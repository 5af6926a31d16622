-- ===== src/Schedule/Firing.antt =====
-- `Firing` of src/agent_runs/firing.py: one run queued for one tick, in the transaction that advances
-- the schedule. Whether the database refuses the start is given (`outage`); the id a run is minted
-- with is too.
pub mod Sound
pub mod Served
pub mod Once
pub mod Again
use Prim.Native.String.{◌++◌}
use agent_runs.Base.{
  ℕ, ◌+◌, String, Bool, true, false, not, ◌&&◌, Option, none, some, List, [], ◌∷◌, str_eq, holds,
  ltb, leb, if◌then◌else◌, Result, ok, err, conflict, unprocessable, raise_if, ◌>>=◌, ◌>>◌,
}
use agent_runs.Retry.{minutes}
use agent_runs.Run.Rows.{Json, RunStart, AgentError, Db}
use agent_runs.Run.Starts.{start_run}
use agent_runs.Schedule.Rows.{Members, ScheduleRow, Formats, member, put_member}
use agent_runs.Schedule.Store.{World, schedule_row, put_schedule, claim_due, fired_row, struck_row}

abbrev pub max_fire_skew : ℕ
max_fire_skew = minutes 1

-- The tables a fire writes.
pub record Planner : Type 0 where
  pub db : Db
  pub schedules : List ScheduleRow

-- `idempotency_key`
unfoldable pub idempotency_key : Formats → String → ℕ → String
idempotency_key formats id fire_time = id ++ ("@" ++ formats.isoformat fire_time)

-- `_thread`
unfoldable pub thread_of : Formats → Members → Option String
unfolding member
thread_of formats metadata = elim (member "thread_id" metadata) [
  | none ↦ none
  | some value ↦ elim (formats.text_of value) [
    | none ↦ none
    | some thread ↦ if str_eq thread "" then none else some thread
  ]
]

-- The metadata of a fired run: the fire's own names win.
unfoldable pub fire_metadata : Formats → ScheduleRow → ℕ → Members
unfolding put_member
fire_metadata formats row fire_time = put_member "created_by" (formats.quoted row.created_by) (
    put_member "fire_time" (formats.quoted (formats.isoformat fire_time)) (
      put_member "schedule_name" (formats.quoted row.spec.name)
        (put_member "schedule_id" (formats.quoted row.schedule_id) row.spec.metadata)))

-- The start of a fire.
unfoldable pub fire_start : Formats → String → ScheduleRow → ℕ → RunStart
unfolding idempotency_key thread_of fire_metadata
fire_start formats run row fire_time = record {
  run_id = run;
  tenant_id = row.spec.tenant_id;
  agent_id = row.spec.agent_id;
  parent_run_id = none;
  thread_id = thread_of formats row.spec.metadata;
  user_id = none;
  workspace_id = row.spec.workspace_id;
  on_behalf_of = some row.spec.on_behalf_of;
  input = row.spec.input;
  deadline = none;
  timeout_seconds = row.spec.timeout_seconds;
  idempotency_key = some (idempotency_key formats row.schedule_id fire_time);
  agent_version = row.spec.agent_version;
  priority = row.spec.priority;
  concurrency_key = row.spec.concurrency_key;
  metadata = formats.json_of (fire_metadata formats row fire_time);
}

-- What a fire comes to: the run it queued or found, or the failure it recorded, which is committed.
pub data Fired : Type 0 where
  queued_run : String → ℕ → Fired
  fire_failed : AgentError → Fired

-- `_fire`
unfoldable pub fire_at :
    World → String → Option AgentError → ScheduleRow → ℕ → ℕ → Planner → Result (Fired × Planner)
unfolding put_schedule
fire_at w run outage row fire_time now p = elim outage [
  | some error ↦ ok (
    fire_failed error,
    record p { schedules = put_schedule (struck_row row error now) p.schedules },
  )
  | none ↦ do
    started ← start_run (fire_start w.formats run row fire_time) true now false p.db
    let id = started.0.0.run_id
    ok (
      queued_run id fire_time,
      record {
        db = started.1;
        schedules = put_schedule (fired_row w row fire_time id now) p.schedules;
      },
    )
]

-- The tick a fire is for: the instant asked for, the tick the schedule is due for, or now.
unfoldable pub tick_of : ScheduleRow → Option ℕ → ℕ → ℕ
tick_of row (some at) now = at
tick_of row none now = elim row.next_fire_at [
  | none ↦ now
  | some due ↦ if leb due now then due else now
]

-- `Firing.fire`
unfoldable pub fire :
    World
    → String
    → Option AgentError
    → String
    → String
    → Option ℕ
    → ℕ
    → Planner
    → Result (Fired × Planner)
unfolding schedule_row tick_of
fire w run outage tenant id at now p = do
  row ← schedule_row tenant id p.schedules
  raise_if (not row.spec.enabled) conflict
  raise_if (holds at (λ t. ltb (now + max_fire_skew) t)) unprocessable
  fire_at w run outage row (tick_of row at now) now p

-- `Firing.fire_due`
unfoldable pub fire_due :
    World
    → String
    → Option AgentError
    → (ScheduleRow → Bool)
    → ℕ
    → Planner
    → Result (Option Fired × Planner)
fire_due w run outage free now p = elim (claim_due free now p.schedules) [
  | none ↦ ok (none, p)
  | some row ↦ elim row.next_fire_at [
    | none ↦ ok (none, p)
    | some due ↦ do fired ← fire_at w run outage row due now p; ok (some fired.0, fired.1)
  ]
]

^^^^

■ Problem requirements
Every line of the records in which the string "quoted" is found should be counted, and only the count returned.

■ Response
4